From c995e2323054af12251776ff9db1ebba58ffe44a Mon Sep 17 00:00:00 2001
From: Matt Borland <matt@mattborland.com>
Date: Thu, 19 Sep 2024 13:07:54 -0400
Subject: [PATCH 2/7] Remove u128 x64 intrinsic optimizations

---
 include/boost/decimal/detail/emulated128.hpp | 90 +++++---------------
 1 file changed, 22 insertions(+), 68 deletions(-)

diff --git a/include/boost/decimal/detail/emulated128.hpp b/include/boost/decimal/detail/emulated128.hpp
index e99e25ec8..574ebe585 100644
--- a/include/boost/decimal/detail/emulated128.hpp
+++ b/include/boost/decimal/detail/emulated128.hpp
@@ -757,31 +757,15 @@ constexpr auto uint128::operator+=(std::uint64_t n) noexcept -> uint128&
 
 constexpr auto operator+(uint128 lhs, uint128 rhs) noexcept -> uint128
 {
-    #if (defined(BOOST_DECIMAL_HAS_X64_INTRINSICS) || defined(BOOST_DECIMAL_HAS_MSVC_64BIT_INTRINSICS)) && !defined(BOOST_DECIMAL_NO_CONSTEVAL_DETECTION)

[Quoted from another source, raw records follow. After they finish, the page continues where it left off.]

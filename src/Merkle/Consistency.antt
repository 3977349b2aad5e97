-- ===== src/Merkle/Consistency.antt =====
-- `consistency_proof`, `_subproof`, `verify_consistency` and `Log.consistency` of
-- blindrange/merkle.py.
pub mod Subproof
pub mod Levels
pub mod AtRoot
pub mod Full
pub mod Complete
pub mod Runs
pub mod Sound
use blindrange.Prelude.{
  is_empty, ℕ, zero, suc, ◌+◌, ◌-◌, ◌*◌, ◌/◌, ◌%◌, Bool, true, false, ◌&&◌, ◌||◌, not, List, [],
  ◌∷◌, ◌++◌, ltb, leb, ◌==◌, if◌then◌else◌, length, take, drop, bit_and, Result, ok, raise,
  index_error, Option, some, none,
}
use blindrange.Merkle.{Bytes, bytes_eq, split, node_hash, root}
use blindrange.Merkle.Log.{Log}

-- The state of `verify_consistency`'s loop: the two heads so far, and the places of the last nodes
-- of the old and of the new tree in the level it has come to.
pub record Heads : Type 0 where
  pub fr : Bytes
  pub sr : Bytes
  pub fn : ℕ
  pub sn : ℕ

-- `while fn % 2 == 1`, on fuel: `m` rounds are enough for `fn = m - 1`.
unfoldable pub strip : ℕ → ℕ → ℕ → ℕ × ℕ
strip zero fn sn = (fn, sn)
strip (suc f) fn sn = let rest = strip f (fn / 2) (sn / 2) in if fn % 2 == 1 then rest else (fn, sn)

-- `while fn != 0 and fn % 2 == 0`, on fuel: `fn` rounds are enough.
unfoldable pub lift : ℕ → ℕ → ℕ → ℕ × ℕ
lift zero fn sn = (fn, sn)
lift (suc f) fn sn =
    let rest = lift f (fn / 2) (sn / 2) in if not (fn == 0) && fn % 2 == 0 then rest else (fn, sn)

unfoldable pub agrees : Bytes → Bytes → Option Heads → Bool
agrees old_root new_root none = false
agrees old_root new_root (some s) = s.sn == 0 && bytes_eq s.fr old_root && bytes_eq s.sr new_root

module _ (sha256 : Bytes → Bytes) where
  -- `_subproof`, on fuel: the number of leaves is enough.
  unfoldable pub subproof_fuel : ℕ → List Bytes → ℕ → Bool → List Bytes
  subproof_fuel zero hashes m at_root = if at_root then [] else root sha256 hashes ∷ []
  subproof_fuel (suc f) hashes m at_root =
      let k = split (length hashes) in
      let left = subproof_fuel f (take k hashes) m at_root ++ root sha256 (drop k hashes) ∷ [] in
      let right =
        subproof_fuel f (drop k hashes) (m - k) false ++ root sha256 (take k hashes) ∷ [] in
      if m == length hashes
      then (if at_root then [] else root sha256 hashes ∷ [])
      else (if leb m k then left else right)

  unfoldable pub subproof : List Bytes → ℕ → Bool → List Bytes
  unfolding subproof_fuel
  subproof hashes m at_root = subproof_fuel (length hashes) hashes m at_root

  unfoldable pub consistency_proof : List Bytes → ℕ → Result (List Bytes)
  unfolding subproof
  consistency_proof hashes m =
      if ltb 0 m && leb m (length hashes) then ok (subproof hashes m true) else raise index_error

  -- One round of `verify_consistency`'s loop, after its test that `sn` is not 0.
  unfoldable pub rebuild_step : Heads → Bytes → Heads
  unfolding lift
  rebuild_step s step =
      if s.fn % 2 == 1 || s.fn == s.sn
      then (let (fn, sn) = lift s.fn s.fn s.sn in
          record {
            fr = node_hash sha256 step s.fr;
            sr = node_hash sha256 step s.sr;
            fn = fn / 2;
            sn = sn / 2;
          })
      else record { fr = s.fr; sr = node_hash sha256 s.sr step; fn = s.fn / 2; sn = s.sn / 2 }

  -- The loop; `none` where it returns False.
  unfoldable pub rebuild : Heads → List Bytes → Option Heads
  unfolding rebuild_step
  rebuild s [] = some s
  rebuild s (step ∷ proof) =
      let rest = rebuild (rebuild_step s step) proof in if s.sn == 0 then none else rest

  -- From the path whose first node starts both heads.
  unfoldable pub rebuild_from : ℕ → ℕ → List Bytes → Option Heads
  unfolding rebuild strip
  rebuild_from m n [] = none
  rebuild_from m n (first ∷ proof) =
      let (fn, sn) = strip m (m - 1) (n - 1) in
      rebuild (record { fr = first; sr = first; fn = fn; sn = sn }) proof

  unfoldable pub verify_consistency : ℕ → Bytes → ℕ → Bytes → List Bytes → Bool
  unfolding rebuild_from agrees
  verify_consistency m old_root n new_root proof =
      let path = if bit_and m (m - 1) == 0 then old_root ∷ proof else proof in
      if ltb m 1 || ltb n m
      then false
      else (if m == n
          then bytes_eq old_root new_root && is_empty proof
          else (if is_empty proof then false else agrees old_root new_root (rebuild_from m n path)))

  -- `Log.consistency`.
  unfoldable pub consistency : Log → ℕ → Result (List Bytes)
  unfolding consistency_proof
  consistency log m = consistency_proof log.hashes m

-    if (!BOOST_DECIMAL_IS_CONSTANT_EVALUATED(lhs.low))
-    {
-        // Branchless version can be executed on x64 machines when available
-        unsigned long long low {};
-        unsigned long long high {};
-
-        const auto carry {BOOST_DECIMAL_ADD_CARRY(0, lhs.low, rhs.low, &low)};
-        BOOST_DECIMAL_ADD_CARRY(carry, lhs.high, rhs.high, &high);
+    uint128 temp {lhs.high + rhs.high, lhs.low + rhs.low};
 
-        return uint128{high, low};
-    }
-    else
-    #endif
+    // Need to carry a bit into rhs
+    if (temp.low < lhs.low)
     {
-        uint128 temp {lhs.high + rhs.high, lhs.low + rhs.low};
-
-        // Need to carry a bit into rhs
-        if (temp.low < lhs.low)
-        {
-            ++temp.high;
-        }
-
-        return temp;
+        ++temp.high;
     }
+
+    return temp;
 }
 
 constexpr auto uint128::operator+=(uint128 v) noexcept -> uint128&
@@ -807,31 +791,15 @@ constexpr auto uint128::operator++(int) noexcept -> uint128
 
 constexpr auto operator-(uint128 lhs, uint128 rhs) noexcept -> uint128
 {
-    #if (defined(BOOST_DECIMAL_HAS_X64_INTRINSICS) || defined(BOOST_DECIMAL_HAS_MSVC_64BIT_INTRINSICS)) && !defined(BOOST_DECIMAL_NO_CONSTEVAL_DETECTION)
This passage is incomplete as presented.